Reilly builds to his argument by saying that, "[b]ack then, players who broke the vow of poverty were punished. Today, it’s perfectly fine."  ("Vow of poverty"?  Please.)  But his point is that NIL payments are now legal and widespread, so what Bush did back then was no big deal.  "So, to recap, Reggie Bush is still being punished for something that basically isn’t just acceptable today; it’s essential."  The "still being punished" part is that he continues to be officially Heisman-less, not that he is still serving a long jail sentence or paying restitution on a monthly basis; but I digress.

The point is that Reilly is saying that the rules are different now, so Bush should be judged by today's rules -- which his behavior would not violate -- rather than the bad old rules that Bush did violate.  This is an old problem in law, especially in the criminal context, where people spend years in prison because the system does not allow them to be released or retried even though changes in law and precedent would have changed their life-altering verdicts.  I thus understand the desire to question sentences passed down under old laws, but Bush's situation is simply not one of them.

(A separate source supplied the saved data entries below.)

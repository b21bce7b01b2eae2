-- ===== src/Shutdown/Alone.antt =====
-- The methods that one caller runs with no other task in between: they are runs of the atomic
-- accesses, a guard is given back once, and the rejection's `retry-after` is rounded up.
use mathlib.Core.Path.{fun_ext}
use ores_middleware.Prelude.{
  ℕ, ◌+◌, ◌*◌, ◌≤◌, ◌<◌, ◌≡◌, ◌≢◌, ◌⊎◌, inl, inr, refl, none, some, ==_iff, arith,
}
use ores_middleware.Shutdown.{
  running, ShutdownInner, usize_mod, u64_max, enter, Duration, rejection, admitted, rejected,
  Admission, begin_request, finish,
}
use ores_middleware.Shutdown.Tasks.{
  Pc, idle, refused, holding, Move, knock, turned_away, register, admit, System, pick, Reach, here,
  update,
}

-- where a task is left by `begin_request`
abbrev pub admission_pc : Admission → Pc
admission_pc admitted = holding
admission_pc (rejected _) = refused

update_twice : (pc : ℕ → Pc) (i : ℕ) (p q : Pc) → update (update pc i p) i q ≡ update pc i q
update_twice pc i p q = fun_ext λ j. ground arith

update_self : (pc : ℕ → Pc) (i : ℕ) (p : Pc) → update pc i p i ≡ p
update_self pc i p = rw ((==_iff i i).1 refl)

-- The `retry-after` of the rejection is the wait in seconds, rounded up: it is at least 1, at least
-- the wait, and (for a positive wait that does not overflow the u64) less than a second above it.
pub rejection-retry_after :
    (d : Duration)
    → d.nanos < 1000000000
    → 0 < d.secs + d.nanos
    → d.secs < u64_max
    → let seconds = (rejection d).retry_after in
      (1 ≤ seconds)
      × (d.secs * 1000000000 + d.nanos ≤ seconds * 1000000000)
      × (seconds * 1000000000 < d.secs * 1000000000 + d.nanos + 1000000000)
unfolding rejection
rejection-retry_after d small pos fits = ground arith

-- While fewer than 2^64 - 1 requests are counted, `begin_request` followed by `finish` leaves the
-- phase and the count as they were, and a second `finish` of the emptied guard changes nothing.
pub finish-begin_request :
    (d : Duration) (m : ShutdownInner)
    → m.active_requests + 1 < usize_mod
    → (begin_request d m).1 ≡ admitted
    → let (left, taken) = finish (some tt) (begin_request d m).0 in
      (left.phase ≡ m.phase)
      × (left.active_requests ≡ m.active_requests)
      × (finish taken left ≡ (left, none))
unfolding begin_request finish
finish-begin_request d m small e = ground arith

-- `begin_request` alone admits exactly while the phase is `Running`; a refused request leaves the
-- coordinator as it was and receives the rejection.
pub begin_request_cases :
    (d : Duration) (m : ShutdownInner)
    → ((m.phase ≡ running) × (begin_request d m ≡ (enter m, admitted)))
      ⊎ ((m.phase ≢ running) × (begin_request d m ≡ (m, rejected (rejection d))))
unfolding begin_request enter
begin_request_cases d m = ground arith

-- the first move of task `i`, and a further one
Reach-first :
    {n : ℕ} (s : System) (i : ℕ)
    → i < n
    → {p q : Pc} {m : ShutdownInner} → s.pc i ≡ p
    → Move s.mem p m q
    → Reach n s (record { mem = m; pc = update s.pc i q })
Reach-first s i lt e mv = Reach.later here (pick i lt (rw e mv))

Reach-next :
    {n : ℕ} (s : System) (i : ℕ)
    → i < n
    → {p q : Pc} {m m' : ShutdownInner} → Reach n s (record { mem = m; pc = update s.pc i p })
    → Move m p m' q
    → Reach n s (record { mem = m'; pc = update s.pc i q })
Reach-next {n} s i lt {p} {q} {m} {m'} r mv =
    let moved : Reach n s (record { mem = m'; pc = update (update s.pc i p) i q }) =
      Reach.later r (pick i lt (rw (update_self s.pc i p) mv)) in
    rw (update_twice s.pc i p q) at moved

-- `begin_request` run alone by an idle task is a run of its atomic accesses.
pub begin_request-Reach :
    {n : ℕ} (d : Duration) (s : System) (i : ℕ)
    → i < n
    → s.pc i ≡ idle
    → Reach n s (record {
      mem = (begin_request d s.mem).0;
      pc = update s.pc i (admission_pc (begin_request d s.mem).1);
    })
unfolding enter
begin_request-Reach {n} d s i lt e = elim (begin_request_cases d s.mem) [
  | inl (run, eq) ↦ rw eq (
      Reach-next s i lt (Reach-next s i lt (Reach-first s i lt e (knock run)) register) (admit run))
  | inr (stop, eq) ↦ rw eq (Reach-first s i lt e (turned_away stop))
]
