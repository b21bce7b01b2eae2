-- ===== src/Shutdown/Counting.antt =====
-- Sums over the tasks, and what one move does to the shared state and to these sums.
use ores_middleware.Prelude.{
  ℕ, zero, suc, ◌+◌, ◌≤◌, ◌<◌, ◌≡◌, ◌≢◌, ◌⊎◌, inl, inr, refl, ◌==◌, Bool-cases, arith,
}
use ores_middleware.Shutdown.{
  ShutdownInner, running, forced, usize_mod, enter, release_request, start_draining, force_shutdown,
  notify_waiters,
}
use ores_middleware.Shutdown.Tasks.{
  Pc, registered, retiring, holding, signalling, Move, knock, notify, premise, update, total,
}

-- requests that are counted in `active_requests`
abbrev pub in_flight : Pc → ℕ
in_flight registered = 1
in_flight retiring = 1
in_flight holding = 1
in_flight _ = 0

-- requests that own a guard
abbrev pub holds : Pc → ℕ
holds holding = 1
holds _ = 0

-- tasks that are about to call `notify_waiters`
abbrev pub signals : Pc → ℕ
signals (signalling _) = 1
signals _ = 0

total-update_ge :
    (w : Pc → ℕ) (n i : ℕ) (pc : ℕ → Pc) (p : Pc) → n ≤ i → total w n (update pc i p) ≡ total w n pc
total-update_ge w zero i pc p h = refl
total-update_ge w (suc n) i pc p h = ground (arith, total-update_ge w n i pc p (omega arith))

pub total-update :
    (w : Pc → ℕ) (n i : ℕ) (pc : ℕ → Pc) (p : Pc)
    → i < n
    → total w n (update pc i p) + w (pc i) ≡ total w n pc + w p
total-update w zero i pc p h = elim h [ ]
total-update w (suc n) i pc p h = elim (Bool-cases (n == i)) [
  | inl same ↦ ground (arith, total-update_ge w n i pc p)
  | inr other ↦ ground (arith, total-update w n i pc p)
]

pub total-le : (w : Pc → ℕ) → ((p : Pc) → w p ≤ 1) → (n : ℕ) (pc : ℕ → Pc) → total w n pc ≤ n
total-le w h zero pc = omega arith
total-le w h (suc n) pc = omega (arith, h (pc n), total-le w h n pc)

pub le-total : (w : Pc → ℕ) (n i : ℕ) (pc : ℕ → Pc) → i < n → w (pc i) ≤ total w n pc
le-total w zero i pc h = elim h [ ]
le-total w (suc n) i pc h = elim (Bool-cases (n == i)) [
  | inl same ↦ ground arith
  | inr other ↦ ground (arith, le-total w n i pc)
]

pub total_mono :
    (v w : Pc → ℕ) → ((p : Pc) → v p ≤ w p) → (n : ℕ) (pc : ℕ → Pc) → total v n pc ≤ total w n pc
total_mono v w h zero pc = omega arith
total_mono v w h (suc n) pc = omega (arith, h (pc n), total_mono v w h n pc)

pub total_witness :
    (w : Pc → ℕ) (n : ℕ) (pc : ℕ → Pc) → 0 < total w n pc → (i : ℕ) × (i < n) × (0 < w (pc i))
total_witness w zero pc h = absurd (omega arith)
total_witness w (suc n) pc h = elim (Bool-cases (w (pc n) == 0)) [
  | inl none_here ↦ let (i, lt, pos) = total_witness w n pc (ground arith) in (i, omega arith, pos)
  | inr here ↦ (n, omega arith, ground arith)
]

pub in_flight-le-one : (p : Pc) → in_flight p ≤ 1
in_flight-le-one p = ground arith

pub holds-le-in_flight : (p : Pc) → holds p ≤ in_flight p
holds-le-in_flight p = ground arith

-- The count of a move: what it adds to `active_requests` is what it adds to the tasks in flight.
pub Move-counted :
    {m m' : ShutdownInner} {p p' : Pc} {k k' : ℕ}
    → Move m p m' p'
    → m.active_requests ≡ k
    → k' + in_flight p ≡ k + in_flight p'
    → in_flight p ≤ k
    → k' < usize_mod
    → k < usize_mod
    → m'.active_requests ≡ k'
unfolding enter release_request start_draining force_shutdown notify_waiters
Move-counted (knock g) c u l b b' = ground arith
Move-counted (notify {a}) c u l b b' = ground arith
Move-counted mv c u l b b' = ground (arith, premise mv)

-- What a move may do to the phase, the epoch, the number `h` of guards and the number `s` of
-- pending notifications.
pub record Effect (m m' : ShutdownInner) (h h' s s' : ℕ) : Type 0 where
  pub phase_stays : m.phase ≢ running → m'.phase ≢ running
  pub forced_stays : m.phase ≡ forced → m'.phase ≡ forced
  pub guards_shrink : m.phase ≢ running → h' ≤ h
  pub epoch_grows : m.epoch ≤ m'.epoch
  pub zero_signalled :
      m'.epoch ≡ m.epoch → m'.active_requests ≡ 0 → ((m.active_requests ≡ 0) × (s ≤ s')) ⊎ (0 < s')
  pub force_signalled :
      m'.epoch ≡ m.epoch → m'.phase ≡ forced → ((m.phase ≡ forced) × (s ≤ s')) ⊎ (0 < s')

pub Move-Effect :
    {m m' : ShutdownInner} {p p' : Pc} {h h' s s' : ℕ}
    → Move m p m' p'
    → h' + holds p ≡ h + holds p'
    → s' + signals p ≡ s + signals p'
    → in_flight p ≤ m.active_requests
    → m.active_requests + 1 < usize_mod
    → Effect m m' h h' s s'
unfolding enter release_request start_draining force_shutdown notify_waiters
Move-Effect (knock g) u v l b = ground arith
Move-Effect (notify {a}) u v l b = ground arith
Move-Effect mv u v l b = ground (arith, premise mv)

To be clear, Bush broke the relevant rules in a way that other players with whom he competed did not.  Other than a standard, "Oh, come on, everybody does it!" response, which is both irrelevant and at best unproven, what is the argument?  Bush was paid by sleazy operators, with everyone fully aware that what was happening needed to be kept secret; but, per Reilly, his only sin was getting paid in cash, and everyone is cool with that today.  Give him back his trophy!

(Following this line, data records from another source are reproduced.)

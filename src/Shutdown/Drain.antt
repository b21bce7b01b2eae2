-- ===== src/Shutdown/Drain.antt =====
-- What the local variables of each task say about the shared state, and that no move breaks it.
use ores_middleware.Prelude.{
  ℕ, zero, suc, ◌+◌, ◌≤◌, ◌<◌, ◌≡◌, ◌≢◌, ◌⊎◌, inl, inr, refl, ◌==◌, Bool-cases, arith,
}
use ores_middleware.Shutdown.{
  ShutdownInner, running, forced, usize_mod, enter, release_request, start_draining, force_shutdown,
  notify_waiters,
}
use ores_middleware.Shutdown.Tasks.{
  Pc, signalling, measuring, measured, looping, loop_phase, subscribing, rechecking, recheck_phase,
  waiting, woken, interrupted, expired, done, drained, timed_out, forced_out, measure, report, Move,
  knock, notify, premise, update, total, System, Step, pick, Reach, here, later, init,
}
use ores_middleware.Shutdown.Counting.{
  in_flight, holds, signals, total-update, total-le, le-total, total_mono, in_flight-le-one,
  holds-le-in_flight, Move-counted, Effect, Move-Effect,
}

-- A notification is due if the event `p` has happened and the epoch is still `e`.
abbrev Due : ShutdownInner → ℕ → ℕ → Type 0 → Type 0
Due m s e p = m.epoch ≡ e → p → 0 < s

-- `h` is the number of guards, `s` the number of pending notifications.
abbrev pub Local : ShutdownInner → ℕ → ℕ → Pc → Type 0
Local m h s (signalling measure) = m.phase ≢ running
Local m h s (signalling (report _)) = m.phase ≡ forced
Local m h s measuring = m.phase ≢ running
Local m h s (measured a) = (m.phase ≢ running) × (a ≡ 0 → h ≡ 0)
Local m h s (looping _) = m.phase ≢ running
Local m h s (loop_phase _) = m.phase ≢ running
Local m h s (subscribing _) = m.phase ≢ running
Local m h s (rechecking _ e) = (m.phase ≢ running) × (e ≤ m.epoch)
Local m h s (recheck_phase _ e) =
    (m.phase ≢ running) × (e ≤ m.epoch) × Due m s e (m.active_requests ≡ 0)
Local m h s (waiting _ e) =
    (m.phase ≢ running)
    × (e ≤ m.epoch)
    × Due m s e (m.active_requests ≡ 0)
    × Due m s e (m.phase ≡ forced)
Local m h s (woken _) = (m.phase ≢ running) × ((h ≡ 0) ⊎ (m.phase ≡ forced))
Local m h s (interrupted _) = (m.phase ≢ running) × ((h ≡ 0) ⊎ (m.phase ≡ forced))
Local m h s (expired _) = m.phase ≢ running
Local m h s (done (drained _)) = (m.phase ≢ running) × (h ≡ 0)
Local m h s (done (timed_out _)) = m.phase ≡ forced
Local m h s (done (forced_out _)) = (m.phase ≢ running) × ((h ≡ 0) ⊎ (m.phase ≡ forced))
Local _ _ _ _ = Unit

-- Another task's move keeps what a task knows.
Local-stable :
    {m m' : ShutdownInner} {h h' s s' : ℕ}
    → Effect m m' h h' s s'
    → (q : Pc) → Local m h s q
    → Local m' h' s' q
Local-stable f (signalling measure) k = ground arith
Local-stable f q k = ground arith

-- The task that moves knows what it must at its new place.
Local-moved :
    {m m' : ShutdownInner} {p p' : Pc} (h h' s s' : ℕ)
    → Move m p m' p'
    → h' + holds p ≡ h + holds p'
    → s' + signals p ≡ s + signals p'
    → h ≤ m.active_requests
    → Local m h s p
    → Local m' h' s' p'
unfolding enter release_request start_draining force_shutdown notify_waiters
Local-moved h h' s s' (knock g) u v b k = ground arith
Local-moved h h' s s' (notify {a}) u v b k = ground arith
Local-moved h h' s s' mv u v b k = ground (arith, premise mv)

-- `n` is small enough that the count cannot wrap.
pub record Inv (n : ℕ) (m : ShutdownInner) (pc : ℕ → Pc) : Type 0 where
  pub few : n + 1 < usize_mod
  pub counted : m.active_requests ≡ total in_flight n pc
  pub local : (i : ℕ) → Local m (total holds n pc) (total signals n pc) (pc i)

-- The totals after a move of task `i`.
module _ {n : ℕ} {m : ShutdownInner} {pc : ℕ → Pc} (inv : Inv n m pc) (i : ℕ) (lt : i < n) where
  open inv use {few, counted, local}

  Inv-counted :
      {m' : ShutdownInner} {p' : Pc}
      → Move m (pc i) m' p'
      → m'.active_requests ≡ total in_flight n (update pc i p')
  Inv-counted {p'} mv =
      Move-counted mv counted (total-update in_flight n i pc p' lt) (le-total in_flight n i pc lt)
        (omega (arith, few, total-le in_flight in_flight-le-one n (update pc i p')))
        (omega (arith, few, total-le in_flight in_flight-le-one n pc))

  pub Move-local :
      {m' : ShutdownInner} {p' : Pc}
      → Move m (pc i) m' p'
      → Effect m m'
          (total holds n pc)
          (total holds n (update pc i p'))
          (total signals n pc)
          (total signals n (update pc i p'))
  Move-local {p'} mv =
      Move-Effect mv (total-update holds n i pc p' lt) (total-update signals n i pc p' lt)
        (omega (arith, counted, le-total in_flight n i pc lt))
        (omega (arith, few, counted, total-le in_flight in_flight-le-one n pc))

  Inv-Local :
      {m' : ShutdownInner} {p' : Pc}
      → Move m (pc i) m' p'
      → (j : ℕ)
      → Local m'
          (total holds n (update pc i p'))
          (total signals n (update pc i p'))
          (update pc i p' j)
  Inv-Local {m'} {p'} mv j = elim (Bool-cases (j == i)) [
    | inl same ↦ rw same (
        Local-moved (total holds n pc) (total holds n (update pc i p')) (total signals n pc)
          (total signals n (update pc i p')) mv (total-update holds n i pc p' lt)
          (total-update signals n i pc p' lt)
          (omega (arith, counted, total_mono holds in_flight holds-le-in_flight n pc)) (local i))
    | inr other ↦ rw other (Local-stable (Move-local mv) (pc j) (local j))
  ]

  pub Move-Inv : {m' : ShutdownInner} {p' : Pc} → Move m (pc i) m' p' → Inv n m' (update pc i p')
  Move-Inv mv = record { few = few; counted = Inv-counted mv; local = Inv-Local mv }

total-idle : (w : Pc → ℕ) (n : ℕ) → w Pc.idle ≡ 0 → total w n init.pc ≡ 0
total-idle w zero h = refl
total-idle w (suc n) h = omega (arith, total-idle w n h)

pub Inv-init : (n : ℕ) → n + 1 < usize_mod → Inv n init.mem init.pc
Inv-init n few = record {
  few = few;
  counted = omega (arith, total-idle in_flight n refl);
  local = λ i. tt;
}

pub Step-Inv : {n : ℕ} {s t : System} → Step n s t → Inv n s.mem s.pc → Inv n t.mem t.pc
Step-Inv (pick i lt mv) inv = Move-Inv inv i lt mv

pub Reach-Inv : {n : ℕ} {s t : System} → Inv n s.mem s.pc → Reach n s t → Inv n t.mem t.pc
Reach-Inv inv here = inv
Reach-Inv inv (later r st) = Step-Inv st (Reach-Inv inv r)

-- Once the phase is not `Running` it stays so, and guards are only given back.
pub Reach-guards :
    {n : ℕ} {s t : System}
    → Inv n s.mem s.pc
    → Reach n s t
    → s.mem.phase ≢ running
    → (t.mem.phase ≢ running) × (total holds n t.pc ≤ total holds n s.pc)
Reach-guards inv here h = (h, omega arith)
Reach-guards inv (later r (pick i lt mv)) h =
    let (still, fewer) = Reach-guards inv r h in
    let f = Move-local (Reach-Inv inv r) i lt mv in
    (f.phase_stays still, omega (arith, fewer, f.guards_shrink still))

So we can change this one thing and be done with it?  That cannot be right, because if today's rules were applied to previous players and teams, the outcomes would have been different.

Now, however, we are in the world of counterfactuals.  What would have happened if Bush had not worked with those bag men to accept money to play for USC?  Maybe he would have gone to one of the many, many other schools that either played by the rules or were offering slightly less than USC's proxies were paying (and were better at hiding it)?  What then?  Bush plays for, say, UCLA, where the quarterback is not the reigning Heisman winner (who thus opened up plays for Bush by keeping defenses honest), leaving Bush as a very good player on what might have been an 8-5 team, with non-Heisman statistics.

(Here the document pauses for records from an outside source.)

-- ===== src/Shutdown/Safety.antt =====
-- What the coordinator guarantees in every reachable state, with fewer than 2^64 - 1 tasks.
use ores_middleware.Prelude.{ℕ, ◌+◌, ◌<◌, ◌≡◌, ◌≢◌, ◌⊎◌, inl, inr, ◌==◌, Bool-cases, arith}
use ores_middleware.Shutdown.{
  ShutdownInner, running, forced, usize_mod, enter, release_request, start_draining, force_shutdown,
  notify_waiters,
}
use ores_middleware.Shutdown.Tasks.{
  Pc, holding, signalling, waiting, done, drained, timed_out, forced_out, After, Move, knock,
  notify, premise, System, Step, pick, Reach, here, init, total,
}
use ores_middleware.Shutdown.Counting.{in_flight, holds, signals, le-total, total_witness}
use ores_middleware.Shutdown.Drain.{Inv, Inv-init, Reach-Inv, Reach-guards}

Move-holding :
    {m m' : ShutdownInner} {p p' : Pc} → Move m p m' p' → m.phase ≢ running → p' ≢ holding
unfolding enter release_request start_draining force_shutdown notify_waiters
Move-holding (knock g) h = ground arith
Move-holding (notify {a}) h = ground arith
Move-holding mv h = ground (arith, premise mv)

Step-holding :
    {n : ℕ} {s t : System}
    → Step n s t
    → s.mem.phase ≢ running
    → (i : ℕ) → t.pc i ≡ holding
    → s.pc i ≡ holding
Step-holding (pick k lt mv) h i e = elim (Bool-cases (i == k)) [
  | inl same ↦ absurd (Move-holding mv h (ground arith))
  | inr other ↦ ground arith
]

signal_of_pos : (p : Pc) → 0 < signals p → (a : After) × (p ≡ signalling a)
signal_of_pos (signalling a) h = (a, ground arith)
signal_of_pos p h = absurd (ground arith)

module _ {n : ℕ} {s : System} (few : n + 1 < usize_mod) (r : Reach n init s) where
  inv : Inv n s.mem s.pc
  inv = Reach-Inv (Inv-init n few) r

  -- In every reachable state the atomic count is the number of the tasks below `n` that have
  -- counted themselves and not yet left: registered, retiring, or holding a guard.
  pub active_requests_lem : s.mem.active_requests ≡ total in_flight n s.pc
  active_requests_lem = inv.counted

  -- The `fetch_sub` of `release_request` never meets 0: while a task is retiring or holds a guard,
  -- the count is positive.
  pub release_no_underflow : (i : ℕ) → i < n → 0 < in_flight (s.pc i) → 0 < s.mem.active_requests
  release_no_underflow i lt pos = omega (arith, inv.counted, le-total in_flight n i s.pc lt)

  -- Once the phase is not `Running`, no request is admitted any more: whoever holds a guard in a
  -- later state held it already.
  pub admission_closed :
      {t : System}
      → s.mem.phase ≢ running
      → Reach n s t
      → (i : ℕ) → t.pc i ≡ holding
      → s.pc i ≡ holding
  admission_closed stopped here i e = e
  admission_closed stopped (Reach.later q st) i e =
      admission_closed stopped q i (Step-holding st (Reach-guards inv q stopped).0 i e)

  -- no guard is left, so none will be given out
  none_held_later :
      {t : System}
      → s.mem.phase ≢ running
      → total holds n s.pc ≡ 0
      → Reach n s t
      → (i : ℕ) → i < n
      → t.pc i ≢ holding
  none_held_later {t} stopped none_held q i lt e =
      let (still, fewer) = Reach-guards inv q stopped in ground (arith, le-total holds n i t.pc lt)

  -- When `drain` has returned `Drained`, no task holds a guard, then or in any later state.
  pub drain_drained :
      {t : System} {a : ℕ}
      → (d : ℕ) → s.pc d ≡ done (drained a)
      → Reach n s t
      → (i : ℕ) → i < n
      → t.pc i ≢ holding
  drain_drained {a} d e q i lt =
      let known = inv.local d in none_held_later (ground arith) (ground arith) q i lt

  -- When `drain` has returned `TimedOut`, the phase is `Forced`.
  pub drain_timed_out : {k : ℕ} → (d : ℕ) → s.pc d ≡ done (timed_out k) → s.mem.phase ≡ forced
  drain_timed_out d e = let known = inv.local d in ground arith

  -- When `drain` has returned `Forced`, the phase is `Forced`, or no task below `n` holds a guard.
  pub drain_forced_out :
      {k : ℕ}
      → (d : ℕ) → s.pc d ≡ done (forced_out k)
      → (i : ℕ) → i < n
      → (s.mem.phase ≡ forced) ⊎ (s.pc i ≢ holding)
  drain_forced_out d e i lt = let known = inv.local d in ground (arith, le-total holds n i s.pc lt)

  -- No wake-up is lost: while a drain waits for a notification that has not come since it
  -- subscribed, and the count is 0 or the phase is `Forced`, some task is about to notify.
  pub no_lost_wakeup :
      {a e : ℕ}
      → (d : ℕ) → s.pc d ≡ waiting a e
      → s.mem.epoch ≡ e
      → (s.mem.active_requests ≡ 0) ⊎ (s.mem.phase ≡ forced)
      → (j : ℕ) × (j < n) × (k : After) × (s.pc j ≡ signalling k)
  no_lost_wakeup d w same cause =
      let known = inv.local d in
      let (j, lt, pos) = total_witness signals n s.pc (ground arith) in
      let (k, e) = signal_of_pos (s.pc j) pos in (j, lt, k, e)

Flipping the counterfactual, what would have happened during Bush's career if the NCAA were allowing cash payments to all football players?  Again, not only might Bush have not gone to USC, but everything else would have been different.  His competitors for the Heisman might have chosen different destinations (based on, say, NIL money), where they could have had better seasons.  Or not.

If we are going to go back and change outcomes, I want to represent offensive linemen from the 1970's who were flagged for holding before the league changed to rules to allow blatant holding.  Some of them might now be Hall of Famers.  I want to speak up for kickers who were forced to kick from less favorable angles and on poorly maintained fields.  I want to change the outcomes of games by going back and saying that Player Y engaged in helmet-to-helmet contact when that was not illegal (but should have been, as we now see with the updated rules), so he should have been ejected, and his team probably would have lost.

The point is that everyone was playing by the same rules at the same time.  Or at least they were supposed to.  If I were one of the other players in that era and saw everyone saying, "Well, those rules were dumb, so let's pretend they didn't exist and un-punish exactly one guy, because he was very, very good," I would be pretty upset -- whether I had secretly cheated or not.  Will Reilly start a pool to pay the players what they would been paid under a cash system, or even simply try to prove that Bush would have won under different rules?  No?

So, what to make of the claim that the world should "[g]ive back the Heisman ... and [g]ive back Reggie Bush his good name." Bush cheated. He knew he was cheating. The family whose name he carries helped him cheat.  Players with other last names knew the rules and lived by them.  That today's rules are different does not automatically change how yesterday's violations should be viewed.  "It was a bad rule," even if true, does nothing to change that.